### [PROBLEM DESCRIPTION]
For the entries that follow, restate word for word the line containing "(Calls.accept_distributed_trace_payload-Guarded perform version", the line containing "(ops : List Op) (m", and every line that lies between them.

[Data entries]
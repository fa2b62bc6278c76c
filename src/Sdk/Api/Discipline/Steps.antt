-- ===== src/Sdk/Api/Discipline/Steps.antt =====
-- Any sequence of public calls keeps the discipline of the locks.
use c_sdk.Base.{
  not, if◌then◌else◌, Bool-cases, inl, inr, Option, ℕ, ◌≡◌, Bool, true, false, none, some, List, [],
  ◌∷◌, CStr,
}
use c_sdk.Sdk.Config.{AppConfig, Created, create_app_config, text}
use c_sdk.Sdk.Machine.{
  pure, Ends, Call, World, Outcome, ok, fault, int_value, long_value, double_value, string_value,
  Ends,
}
use c_sdk.Sdk.Global.{ensure_init, configure_log, init}
use c_sdk.Sdk.App.{create_app, destroy_app}
use c_sdk.Sdk.Transaction.{
  start_web_transaction, start_non_web_transaction, set_transaction_timing, end_transaction,
}
use c_sdk.Sdk.Segment.{
  start_segment, set_segment_parent, set_segment_parent_root, set_segment_timing, end_segment,
}
use c_sdk.Sdk.Datastore.{Environment, start_datastore_segment}
use c_sdk.Sdk.External.{start_external_segment}
use c_sdk.Sdk.Attribute.{
  add_attribute_int, add_attribute_long, add_attribute_double, add_attribute_string,
  record_custom_metric,
}
use c_sdk.Sdk.CustomEvent.{
  create_custom_event, discard_custom_event, record_custom_event, custom_event_add_attribute_int,
  custom_event_add_attribute_long, custom_event_add_attribute_double,
  custom_event_add_attribute_string,
}
use c_sdk.Sdk.DistributedTrace.{
  create_distributed_trace_payload, create_distributed_trace_payload_httpsafe,
  accept_distributed_trace_payload, accept_distributed_trace_payload_httpsafe,
}
use c_sdk.Sdk.Api.{
  Op, configure_log_op, init_op, shutdown_op, create_app_op, destroy_app_op,
  start_web_transaction_op, start_non_web_transaction_op, set_transaction_timing_op,
  end_transaction_op, ignore_transaction_op, set_transaction_name_op, start_segment_op,
  set_segment_parent_op, set_segment_parent_root_op, set_segment_timing_op, end_segment_op,
  start_datastore_segment_op, start_external_segment_op, add_attribute_int_op,
  add_attribute_long_op, add_attribute_double_op, add_attribute_string_op, record_custom_metric_op,
  create_custom_event_op, discard_custom_event_op, record_custom_event_op,
  custom_event_add_attribute_int_op, custom_event_add_attribute_long_op,
  custom_event_add_attribute_double_op, custom_event_add_attribute_string_op, notice_error_op,
  create_payload_op, create_payload_httpsafe_op, accept_payload_op, accept_payload_httpsafe_op,
  run_op, run_ops,
}
use c_sdk.Sdk.Api.Clients.Runs.{both}
use c_sdk.Sdk.App.{create_with, accepts}
use c_sdk.Sdk.Api.Discipline.{IsGuarded, Guarded, IsHome, under_lock, abides}
use c_sdk.Sdk.Api.Discipline.Calls
use c_sdk.Sdk.Api.Discipline.Endings

Guarded-drop :
    {S A : Type 0} (owner home : ℕ → ℕ) (m : Outcome S A)
    → Guarded owner home 0 m
    → Guarded owner home 0
        (elim m as (λ _. Outcome S (Unit {0})) [ ok a w ↦ pure tt w | fault e ↦ fault e ])
Guarded-drop owner home (ok a w) h = h
Guarded-drop owner home (fault e) h = h

module _ {S : Type 0} (perform : Call → S → ℕ × S) (version : CStr) (env : Environment)
    (owner home : ℕ → ℕ) (at_home : IsHome perform home) where
  after_init :
      (c : AppConfig) (l : ℕ) (m : Created) (ready : Bool) (w : World S)
      → IsGuarded owner home 0 w
      → Guarded owner home 0 ((if not ready then pure 0 else create_with perform version c l m) w)
  after_init c l m false w g = g
  after_init c l m true w g = Calls.create_with-Guarded perform version owner home w g c l m

  create_app-Guarded :
      (c : Option AppConfig) (l : ℕ) (w : World S)
      → IsGuarded owner home 0 w
      → Guarded owner home 0 (create_app perform version c l w)
  unfolding create_app
  create_app-Guarded none l w g = g
  create_app-Guarded (some c) l w g = elim (Bool-cases (accepts c)) [
    | inl taken ↦ rw taken (
        Endings.Guarded-bind perform version owner home 0 (ensure_init perform w) _
          (Calls.ensure_init-Guarded perform version owner home w g)
          (after_init c l (create_app_config (some c.app_name) (some c.license_key))))
    | inr refused ↦ rw refused g
  ]

  run_op-Guarded :
      (op : Op) (w : World S)
      → IsGuarded owner home 0 w
      → under_lock w op ≡ true
      → Guarded owner home 0 (run_op perform version env op w)
  unfolding run_op under_lock start_web_transaction start_non_web_transaction add_attribute_int
      add_attribute_long add_attribute_double add_attribute_string custom_event_add_attribute_int
      custom_event_add_attribute_long custom_event_add_attribute_double
      custom_event_add_attribute_string
  run_op-Guarded (configure_log_op f l) w g h =
      Guarded-drop owner home (configure_log perform f l w)
        (Calls.configure_log-Guarded perform version owner home w g f l)
  run_op-Guarded (init_op s l) w g h =
      Guarded-drop owner home (init perform s l w)
        (Calls.init-Guarded perform version owner home w g s l)
  run_op-Guarded shutdown_op w g h = Calls.shutdown-Guarded perform version owner home w g
  run_op-Guarded (create_app_op c l) w g h =
      Guarded-drop owner home (create_app perform version c l w) (create_app-Guarded c l w g)
  run_op-Guarded (destroy_app_op a) w g h =
      Guarded-drop owner home (destroy_app perform version a w)
        (Calls.destroy_app-Guarded perform version owner home w g a)
  run_op-Guarded (start_web_transaction_op a n) w g h = absurd (cc)
  run_op-Guarded (start_non_web_transaction_op a n) w g h = absurd (cc)
  run_op-Guarded (set_transaction_timing_op p a d) w g h =
      Guarded-drop owner home (set_transaction_timing perform p a d w)
        (Calls.set_transaction_timing-Guarded perform version owner home w g p a d)
  run_op-Guarded (end_transaction_op p) w g h =
      Guarded-drop owner home (end_transaction perform version p w)
        (Calls.end_transaction-Guarded perform version owner home w g p)
  run_op-Guarded (ignore_transaction_op p) w g h = absurd (cc)
  run_op-Guarded (set_transaction_name_op p n) w g h = absurd (cc)
  run_op-Guarded (start_segment_op p n c) w g h =
      Guarded-drop owner home (start_segment perform p n c w)
        (Calls.start_segment-Guarded perform version owner home w g at_home p n c)
  run_op-Guarded (set_segment_parent_op s q) w g h =
      Guarded-drop owner home (set_segment_parent perform s q w)
        (Calls.set_segment_parent-Guarded perform version owner home w g s q h)
  run_op-Guarded (set_segment_parent_root_op s) w g h =
      Guarded-drop owner home (set_segment_parent_root perform s w)
        (Calls.set_segment_parent_root-Guarded perform version owner home w g s h)
  run_op-Guarded (set_segment_timing_op s a d) w g h =
      Guarded-drop owner home (set_segment_timing perform s a d w)
        (Calls.set_segment_timing-Guarded perform version owner home w g s a d h)
  run_op-Guarded (end_segment_op p s) w g h =
      Guarded-drop owner home (end_segment perform p s w)
        (Endings.end_segment-Guarded perform version owner home w g p s)
  run_op-Guarded (start_datastore_segment_op p d) w g h =
      Guarded-drop owner home (start_datastore_segment perform env p d w)
        (Calls.start_datastore_segment-Guarded perform version owner home w g at_home env p d)
  run_op-Guarded (start_external_segment_op p e) w g h =
      Guarded-drop owner home (start_external_segment perform p e w)
        (Calls.start_external_segment-Guarded perform version owner home w g at_home p e)
  run_op-Guarded (add_attribute_int_op p k v) w g h =
      Guarded-drop owner home (add_attribute_int perform p k v w)
        (Calls.add_attribute-Guarded perform version owner home w g p k (some (int_value v)))
  run_op-Guarded (add_attribute_long_op p k v) w g h =
      Guarded-drop owner home (add_attribute_long perform p k v w)
        (Calls.add_attribute-Guarded perform version owner home w g p k (some (long_value v)))
  run_op-Guarded (add_attribute_double_op p k v) w g h =
      Guarded-drop owner home (add_attribute_double perform p k v w)
        (Calls.add_attribute-Guarded perform version owner home w g p k (some (double_value v)))
  run_op-Guarded (add_attribute_string_op p k none) w g h = g
  run_op-Guarded (add_attribute_string_op p k (some v)) w g h =
      Guarded-drop owner home (add_attribute_string perform p k (some v) w)
        (Calls.add_attribute-Guarded perform version owner home w g p k (some (string_value v)))
  run_op-Guarded (record_custom_metric_op p n m) w g h =
      Guarded-drop owner home (record_custom_metric perform p n m w)
        (Calls.record_custom_metric-Guarded perform version owner home w g p n m)
  run_op-Guarded (create_custom_event_op t) w g h =
      Guarded-drop owner home (create_custom_event perform t w)
        (Calls.create_custom_event-Guarded perform version owner home w g t)
  run_op-Guarded (discard_custom_event_op e) w g h =
      Guarded-drop owner home (discard_custom_event perform e w)
        (Calls.discard_custom_event-Guarded perform version owner home w g e)
  run_op-Guarded (record_custom_event_op p e) w g h =
      Guarded-drop owner home (record_custom_event perform p e w)
        (Calls.record_custom_event-Guarded perform version owner home w g p e)
  run_op-Guarded (custom_event_add_attribute_int_op e k v) w g h =
      Guarded-drop owner home (custom_event_add_attribute_int perform e k v w)
        (Calls.add_event_attribute-Guarded perform version owner home w g e k (int_value v))
  run_op-Guarded (custom_event_add_attribute_long_op e k v) w g h =
      Guarded-drop owner home (custom_event_add_attribute_long perform e k v w)
        (Calls.add_event_attribute-Guarded perform version owner home w g e k (long_value v))
  run_op-Guarded (custom_event_add_attribute_double_op e k v) w g h =
      Guarded-drop owner home (custom_event_add_attribute_double perform e k v w)
        (Calls.add_event_attribute-Guarded perform version owner home w g e k (double_value v))
  run_op-Guarded (custom_event_add_attribute_string_op e k v) w g h =
      Guarded-drop owner home (custom_event_add_attribute_string perform e k v w) (
        Calls.add_event_attribute-Guarded perform version owner home w g e k
          (string_value (text v)))
  run_op-Guarded (notice_error_op p n m c) w g h =
      Calls.notice_error-Guarded perform version owner home w g p n m c
  run_op-Guarded (create_payload_op p s) w g h =
      Guarded-drop owner home (create_distributed_trace_payload perform p s w)
        (Calls.create_distributed_trace_payload-Guarded perform version owner home w g p s)
  run_op-Guarded (create_payload_httpsafe_op p s) w g h =
      Guarded-drop owner home (create_distributed_trace_payload_httpsafe perform p s w)
        (Calls.create_distributed_trace_payload_httpsafe-Guarded perform version owner home w g p s)
  run_op-Guarded (accept_payload_op p d t) w g h =
      Guarded-drop owner home (accept_distributed_trace_payload perform p d t w)
        (Calls.accept_distributed_trace_payload-Guarded perform version owner home w g p d t)
  run_op-Guarded (accept_payload_httpsafe_op p d t) w g h =
      Guarded-drop owner home (accept_distributed_trace_payload_httpsafe perform p d t w) (
        Calls.accept_distributed_trace_payload_httpsafe-Guarded perform version owner home w g p d
          t)

  after_op :
      (ops : List Op) (m : Outcome S (Unit {0}))
      → Guarded owner home 0 m
      → (elim m as (λ _. Bool) [ ok a w ↦ abides perform version env ops w | fault e ↦ true ])
        ≡ true
      → ((w : World S)
          → IsGuarded owner home 0 w
          → abides perform version env ops w ≡ true
          → Guarded owner home 0 (run_ops perform version env ops w))
      → Guarded owner home 0 (elim m as (λ _. Outcome S (Unit {0})) [
        | ok a w ↦ run_ops perform version env ops w
        | fault e ↦ fault e
      ])
  after_op ops (ok a w) g h rest = rest w g h
  after_op ops (fault e) g h rest = tt

  pub run_ops-Guarded :
      (ops : List Op) (w : World S)
      → IsGuarded owner home 0 w
      → abides perform version env ops w ≡ true
      → Guarded owner home 0 (run_ops perform version env ops w)
  unfolding run_ops abides
  run_ops-Guarded [] w g h = g
  run_ops-Guarded (op ∷ ops) w g h =
      let (a, b) = both _ _ h in
      after_op ops (run_op perform version env op w) (run_op-Guarded op w g a) b
        (λ w' g' h'. run_ops-Guarded ops w' g' h')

### [RESULT FOR THIS EXERCISE]
        (Calls.accept_distributed_trace_payload-Guarded perform version owner home w g p d t)
  run_op-Guarded (accept_payload_httpsafe_op p d t) w g h =
      Guarded-drop owner home (accept_distributed_trace_payload_httpsafe perform p d t w) (
        Calls.accept_distributed_trace_payload_httpsafe-Guarded perform version owner home w g p d
          t)

  after_op :
      (ops : List Op) (m : Outcome S (Unit {0}))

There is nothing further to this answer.